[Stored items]
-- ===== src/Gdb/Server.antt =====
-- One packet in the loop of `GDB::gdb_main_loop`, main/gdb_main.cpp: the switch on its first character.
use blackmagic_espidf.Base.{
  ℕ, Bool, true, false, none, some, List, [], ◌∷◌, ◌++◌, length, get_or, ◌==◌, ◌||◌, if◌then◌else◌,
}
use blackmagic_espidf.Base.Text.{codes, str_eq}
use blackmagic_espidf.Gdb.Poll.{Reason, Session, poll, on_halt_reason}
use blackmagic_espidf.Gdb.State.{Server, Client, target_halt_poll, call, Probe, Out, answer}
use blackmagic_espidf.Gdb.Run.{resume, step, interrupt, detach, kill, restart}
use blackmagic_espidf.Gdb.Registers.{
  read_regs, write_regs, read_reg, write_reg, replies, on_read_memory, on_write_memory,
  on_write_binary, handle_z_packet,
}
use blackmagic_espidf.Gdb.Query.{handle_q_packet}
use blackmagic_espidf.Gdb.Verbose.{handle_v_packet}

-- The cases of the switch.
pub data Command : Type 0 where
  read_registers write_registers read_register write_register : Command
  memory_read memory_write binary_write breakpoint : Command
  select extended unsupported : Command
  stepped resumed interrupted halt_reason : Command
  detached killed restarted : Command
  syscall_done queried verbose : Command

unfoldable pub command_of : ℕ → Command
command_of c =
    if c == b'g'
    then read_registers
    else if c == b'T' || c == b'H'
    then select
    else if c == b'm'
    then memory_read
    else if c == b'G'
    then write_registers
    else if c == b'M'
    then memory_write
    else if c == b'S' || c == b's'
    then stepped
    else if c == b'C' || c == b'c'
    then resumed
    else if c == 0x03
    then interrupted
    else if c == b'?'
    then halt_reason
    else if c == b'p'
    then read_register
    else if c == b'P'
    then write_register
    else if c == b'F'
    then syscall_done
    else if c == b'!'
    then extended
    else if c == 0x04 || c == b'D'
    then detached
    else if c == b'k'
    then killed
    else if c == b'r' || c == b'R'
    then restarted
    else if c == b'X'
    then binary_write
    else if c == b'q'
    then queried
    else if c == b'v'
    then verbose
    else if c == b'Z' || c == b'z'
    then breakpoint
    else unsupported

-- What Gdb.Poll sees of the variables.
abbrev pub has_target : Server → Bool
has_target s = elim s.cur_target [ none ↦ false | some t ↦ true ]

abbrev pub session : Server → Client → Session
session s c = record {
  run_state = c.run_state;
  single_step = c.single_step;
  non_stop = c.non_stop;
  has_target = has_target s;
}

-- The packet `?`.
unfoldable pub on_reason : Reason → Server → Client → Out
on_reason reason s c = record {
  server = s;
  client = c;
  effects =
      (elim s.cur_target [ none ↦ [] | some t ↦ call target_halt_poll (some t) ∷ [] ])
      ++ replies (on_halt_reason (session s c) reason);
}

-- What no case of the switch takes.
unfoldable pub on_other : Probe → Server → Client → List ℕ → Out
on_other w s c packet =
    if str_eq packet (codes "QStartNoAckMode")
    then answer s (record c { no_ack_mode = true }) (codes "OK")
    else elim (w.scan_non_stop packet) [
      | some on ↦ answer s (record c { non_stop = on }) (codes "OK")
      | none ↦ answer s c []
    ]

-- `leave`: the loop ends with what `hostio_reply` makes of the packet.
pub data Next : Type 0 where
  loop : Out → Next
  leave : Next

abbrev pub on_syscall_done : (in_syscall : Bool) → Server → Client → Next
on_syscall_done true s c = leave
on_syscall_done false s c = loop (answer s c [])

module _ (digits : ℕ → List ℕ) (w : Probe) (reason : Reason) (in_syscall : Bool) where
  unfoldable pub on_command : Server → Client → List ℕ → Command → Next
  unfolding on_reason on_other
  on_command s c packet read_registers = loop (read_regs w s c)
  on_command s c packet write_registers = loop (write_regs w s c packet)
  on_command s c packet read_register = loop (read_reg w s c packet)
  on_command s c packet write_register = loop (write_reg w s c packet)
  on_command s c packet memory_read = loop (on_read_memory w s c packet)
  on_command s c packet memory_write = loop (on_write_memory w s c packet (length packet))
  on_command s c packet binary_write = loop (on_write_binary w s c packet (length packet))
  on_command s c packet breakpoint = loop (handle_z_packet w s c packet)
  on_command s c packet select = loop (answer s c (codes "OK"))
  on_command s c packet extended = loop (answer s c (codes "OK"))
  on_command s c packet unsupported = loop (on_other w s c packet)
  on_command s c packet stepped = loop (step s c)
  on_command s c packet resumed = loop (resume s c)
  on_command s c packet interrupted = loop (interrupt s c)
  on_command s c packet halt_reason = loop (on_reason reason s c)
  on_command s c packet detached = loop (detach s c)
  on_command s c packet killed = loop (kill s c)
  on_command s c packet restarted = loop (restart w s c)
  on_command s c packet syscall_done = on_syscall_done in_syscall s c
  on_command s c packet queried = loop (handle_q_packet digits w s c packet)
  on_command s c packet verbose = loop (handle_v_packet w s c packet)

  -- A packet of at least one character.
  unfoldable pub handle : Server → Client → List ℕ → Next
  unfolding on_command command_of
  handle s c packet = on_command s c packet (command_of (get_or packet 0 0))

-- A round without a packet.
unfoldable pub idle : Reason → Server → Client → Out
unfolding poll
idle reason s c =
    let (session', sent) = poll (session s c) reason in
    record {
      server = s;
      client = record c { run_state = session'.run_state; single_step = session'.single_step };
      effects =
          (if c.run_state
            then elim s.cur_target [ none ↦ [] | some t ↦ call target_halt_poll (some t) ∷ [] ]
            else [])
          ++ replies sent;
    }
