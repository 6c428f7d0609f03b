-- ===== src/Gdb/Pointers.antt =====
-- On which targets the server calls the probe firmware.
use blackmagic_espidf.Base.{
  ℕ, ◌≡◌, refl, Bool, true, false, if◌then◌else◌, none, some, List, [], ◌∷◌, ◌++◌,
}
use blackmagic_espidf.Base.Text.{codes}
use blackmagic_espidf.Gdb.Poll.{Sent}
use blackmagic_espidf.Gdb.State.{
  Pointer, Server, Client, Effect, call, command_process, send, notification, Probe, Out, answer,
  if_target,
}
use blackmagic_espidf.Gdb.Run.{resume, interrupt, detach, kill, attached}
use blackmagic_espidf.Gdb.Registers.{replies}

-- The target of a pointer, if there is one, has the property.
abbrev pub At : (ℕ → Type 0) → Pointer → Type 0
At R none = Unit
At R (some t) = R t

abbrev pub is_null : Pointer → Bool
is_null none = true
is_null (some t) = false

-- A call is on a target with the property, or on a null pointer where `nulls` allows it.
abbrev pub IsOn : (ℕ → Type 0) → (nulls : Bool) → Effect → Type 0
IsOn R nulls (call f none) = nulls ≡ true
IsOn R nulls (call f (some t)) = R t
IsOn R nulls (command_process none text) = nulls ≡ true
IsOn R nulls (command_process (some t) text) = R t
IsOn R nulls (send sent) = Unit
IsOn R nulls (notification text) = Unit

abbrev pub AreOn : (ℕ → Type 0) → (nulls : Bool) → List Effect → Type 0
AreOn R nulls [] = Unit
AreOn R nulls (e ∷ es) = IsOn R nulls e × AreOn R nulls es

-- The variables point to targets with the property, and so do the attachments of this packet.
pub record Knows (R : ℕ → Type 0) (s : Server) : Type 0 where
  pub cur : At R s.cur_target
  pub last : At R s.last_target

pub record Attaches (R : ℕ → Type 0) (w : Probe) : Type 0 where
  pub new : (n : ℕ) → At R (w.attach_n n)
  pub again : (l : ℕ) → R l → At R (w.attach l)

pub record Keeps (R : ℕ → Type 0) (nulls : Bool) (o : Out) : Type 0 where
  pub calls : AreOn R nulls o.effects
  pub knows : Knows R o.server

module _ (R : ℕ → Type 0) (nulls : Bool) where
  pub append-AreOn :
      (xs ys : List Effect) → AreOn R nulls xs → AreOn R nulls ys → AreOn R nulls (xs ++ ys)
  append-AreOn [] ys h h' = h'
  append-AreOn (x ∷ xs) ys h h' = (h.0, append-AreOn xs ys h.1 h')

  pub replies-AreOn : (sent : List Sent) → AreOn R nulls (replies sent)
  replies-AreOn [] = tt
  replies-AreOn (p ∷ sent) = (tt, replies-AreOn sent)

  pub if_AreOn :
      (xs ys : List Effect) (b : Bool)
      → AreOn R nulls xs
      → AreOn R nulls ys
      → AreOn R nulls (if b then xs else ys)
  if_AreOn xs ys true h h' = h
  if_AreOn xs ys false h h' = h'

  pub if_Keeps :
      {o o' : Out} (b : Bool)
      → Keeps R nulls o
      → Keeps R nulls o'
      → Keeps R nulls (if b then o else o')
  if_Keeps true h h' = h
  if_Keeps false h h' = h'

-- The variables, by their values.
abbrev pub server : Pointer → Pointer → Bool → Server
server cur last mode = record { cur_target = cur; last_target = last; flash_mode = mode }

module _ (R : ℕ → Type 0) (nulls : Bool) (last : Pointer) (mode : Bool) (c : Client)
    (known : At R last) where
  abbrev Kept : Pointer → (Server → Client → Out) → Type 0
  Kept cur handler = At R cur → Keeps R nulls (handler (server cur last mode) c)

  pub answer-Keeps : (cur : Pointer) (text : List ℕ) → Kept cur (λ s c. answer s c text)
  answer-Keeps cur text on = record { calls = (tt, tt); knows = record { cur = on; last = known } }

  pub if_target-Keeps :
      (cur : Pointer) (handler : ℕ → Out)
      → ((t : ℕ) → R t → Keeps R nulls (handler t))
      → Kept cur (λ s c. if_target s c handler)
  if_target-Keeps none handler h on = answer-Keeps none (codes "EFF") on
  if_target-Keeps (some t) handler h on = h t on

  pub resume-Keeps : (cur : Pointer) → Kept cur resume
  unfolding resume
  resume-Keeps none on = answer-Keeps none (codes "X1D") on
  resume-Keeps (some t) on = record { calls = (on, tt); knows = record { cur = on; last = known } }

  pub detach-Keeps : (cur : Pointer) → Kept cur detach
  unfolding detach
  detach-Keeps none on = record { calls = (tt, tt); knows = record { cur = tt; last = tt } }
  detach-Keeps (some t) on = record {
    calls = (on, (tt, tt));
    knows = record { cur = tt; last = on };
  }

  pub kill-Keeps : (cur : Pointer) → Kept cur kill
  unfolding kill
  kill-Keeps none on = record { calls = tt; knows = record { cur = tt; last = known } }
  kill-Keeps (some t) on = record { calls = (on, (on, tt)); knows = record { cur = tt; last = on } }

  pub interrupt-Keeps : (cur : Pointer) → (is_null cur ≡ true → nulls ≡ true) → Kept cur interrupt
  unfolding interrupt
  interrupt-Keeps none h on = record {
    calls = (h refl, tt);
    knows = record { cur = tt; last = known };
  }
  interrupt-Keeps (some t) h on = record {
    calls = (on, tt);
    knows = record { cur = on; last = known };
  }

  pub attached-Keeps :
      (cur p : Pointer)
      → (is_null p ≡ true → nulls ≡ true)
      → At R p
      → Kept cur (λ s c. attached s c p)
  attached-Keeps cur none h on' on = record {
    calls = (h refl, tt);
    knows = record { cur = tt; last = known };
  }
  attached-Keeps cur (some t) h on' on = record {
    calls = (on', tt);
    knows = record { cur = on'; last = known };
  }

### What is required
Reproduce, exactly as they stand in the data above, the lines from the one that holds "abbrev pub AreOn" to the one that holds "-- The variables point", inclusive.

### Exercise response
abbrev pub AreOn : (ℕ → Type 0) → (nulls : Bool) → List Effect → Type 0
AreOn R nulls [] = Unit
AreOn R nulls (e ∷ es) = IsOn R nulls e × AreOn R nulls es

-- The variables point to targets with the property, and so do the attachments of this packet.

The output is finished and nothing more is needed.